If Stanford and the University of California hadn't lobbied to block the state's acquisition of what would become Caltech, we may have ended up with a much more confused university name landscape in California. It might have started a system to rival UC in a way that the CSU system has never been allowed to. Or maybe not. Maybe Caltech would just be a standalone public school.
The CSU system is too varied, and the charter too restrictive. Branding is a big issue, as the oldest schools want to keep the Prestige of being <City/county> State University. So SFSU, SJSU, SDSU, SSU, HSU are not going to change. Others like the State name and don't use the CSU in their (branding) names such as Stan State, Chico State, Sac State and Fresno State. Others proudly use it as Cal State (LA, Fullerton, East Bay, San Marcos) or CSU (Bakersfield, San Berandino, Channel Islands or CI, Monterey Bay, Northridge who go by CSUN). Then there is Long beach which can best be described as confused, so much so we don't know what to call the Beach.
Cal Poly markets itself as separate and flaunts it's semi-independence from the CSU charter, with it's own separate admission standards and program structure. Pomona piggybacks on Cal Poly.
The basic problem is everyone wants to disassociate from the CSU name because it implies regional admission and minimal standards, a commuter school, and no research. The gap to the UCs is enormous. Cal Poly and then SDSU form a partial bridge, but it only gets half way there.
What needs to happen is the State of California should recognize one size does not fit all, and the overflow in the highly urban State of resident ready students is far greater than the UCs can accommodate (which creates near Ivy League standards of admission, absurd for a publicly funded University system, which is supposed to be for the general public, not just the few Erudite class of a Veronica Roth novel). Splitting the system into say three systems of more similar schools makes more sense, each with their own charter.
The naming mess can probably never be cleaned up fully. The UC system has it's prestige because it is restricted to Veronica Roth's HS Erudite class, and unobtainable for mere 3.5 GPA students (who are not star athletes).
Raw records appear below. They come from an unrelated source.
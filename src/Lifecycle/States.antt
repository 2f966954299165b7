-- ===== src/Lifecycle/States.antt =====
-- VALID_TRANSITIONS, TRANSITION_ACTIONS and `transition_action` of app/models/exercise.py.
use iceberg_ttx.Prelude.{
  String, true, ◌&&◌, List, [], ◌∷◌, Option, none, some, ◌==◌, ◌≡◌, refl, arith, contains, is_some,
  if◌then◌else◌, ◌≢◌, ◌⊎◌, inl, inr,
}
use iceberg_ttx.Models.Enums.{ExerciseState, draft, active, paused, completed, exercise_state_eq}

abbrev pub valid_transitions : ExerciseState → List ExerciseState
valid_transitions draft = active ∷ []
valid_transitions active = paused ∷ completed ∷ []
valid_transitions paused = active ∷ completed ∷ []
valid_transitions completed = []

abbrev pub transition_actions : List (ExerciseState × ExerciseState × String)
transition_actions =
    (draft, active, "exercise.start")
    ∷ (active, paused, "exercise.pause")
    ∷ (paused, active, "exercise.resume")
    ∷ (active, completed, "exercise.complete")
    ∷ (paused, completed, "exercise.complete")
    ∷ []

-- The dictionary lookup; none is a KeyError.
unfoldable pub lookup_action :
    List (ExerciseState × ExerciseState × String) → ExerciseState → ExerciseState → Option String
lookup_action [] from to = none
lookup_action ((f, t, action) ∷ rest) from to =
    if f == from && t == to then some action else lookup_action rest from to

unfoldable pub transition_action : ExerciseState → ExerciseState → Option String
unfolding lookup_action
transition_action from to = lookup_action transition_actions from to

-- The two tables of the state machine agree: an action is named for exactly the valid transitions.
pub transition_action-total :
    (from to : ExerciseState)
    → is_some (transition_action from to) ≡ contains to (valid_transitions from)
unfolding transition_action
transition_action-total from to = ground arith

-- The steps of the state machine, and the states that a run of it reaches.
pub data Step : ExerciseState → ExerciseState → Type 0 where
  start : Step draft active
  pause : Step active paused
  resume : Step paused active
  complete_active : Step active completed
  complete_paused : Step paused completed

pub data Reach (s : ExerciseState) : ExerciseState → Type 0 where
  here : Reach s s
  next : {t u : ExerciseState} → Reach s t → Step t u → Reach s u

-- The table of valid transitions is the step relation.
pub valid_transitions-Step :
    (from to : ExerciseState) → contains to (valid_transitions from) ≡ true → Step from to
valid_transitions-Step draft active h = start
valid_transitions-Step active paused h = pause
valid_transitions-Step active completed h = complete_active
valid_transitions-Step paused active h = resume
valid_transitions-Step paused completed h = complete_paused
valid_transitions-Step draft draft h = cc
valid_transitions-Step draft paused h = cc
valid_transitions-Step draft completed h = cc
valid_transitions-Step active draft h = cc
valid_transitions-Step active active h = cc
valid_transitions-Step paused draft h = cc
valid_transitions-Step paused paused h = cc
valid_transitions-Step completed to h = cc

-- No run leaves `completed`, and no run comes back to `draft`.
pub Reach-completed : {t : ExerciseState} → Reach completed t → t ≡ completed
Reach-completed r = go r refl
  where
    stuck : {t u : ExerciseState} → Step t u → t ≢ completed
    stuck start e = cc
    stuck pause e = cc
    stuck resume e = cc
    stuck complete_active e = cc
    stuck complete_paused e = cc

    go : {s t : ExerciseState} → Reach s t → s ≡ completed → t ≡ completed
    go here e = e
    go (next r st) e = absurd (stuck st (go r e))

pub Step-cases :
    {s t : ExerciseState}
    → Step s t
    → (s ≡ draft) × (t ≡ active)
      ⊎ ((s ≡ active) × (t ≡ paused)
          ⊎ ((s ≡ paused) × (t ≡ active)
              ⊎ ((s ≡ active) × (t ≡ completed) ⊎ (s ≡ paused) × (t ≡ completed))))
Step-cases start = inl (refl, refl)
Step-cases pause = inr (inl (refl, refl))
Step-cases resume = inr (inr (inl (refl, refl)))
Step-cases complete_active = inr (inr (inr (inl (refl, refl))))
Step-cases complete_paused = inr (inr (inr (inr (refl, refl))))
Prestige by name comes when it is associated with exclusivity. Even if every Cal State went by Cal State, they would find they are associated with the regional schools such as East Bay and Bakersfield, and their lack of prestige sticks on them like glue. The only way to gain prestige is to separate some of the CSU schools from the rest, put them in a different administrative system with a different charter than allows them to separate and truly be Statewide schools and not regional. Prestige has to be earned. You can call them Stanford University (at Fresno or at Long Beach, etc) but they will not attain the prestige of the farm under the current system (although Stanford could make a killing licensing the name to somebody in Sacramento stupid enough to think branding was the root issue).
Charter, not brand is the issue.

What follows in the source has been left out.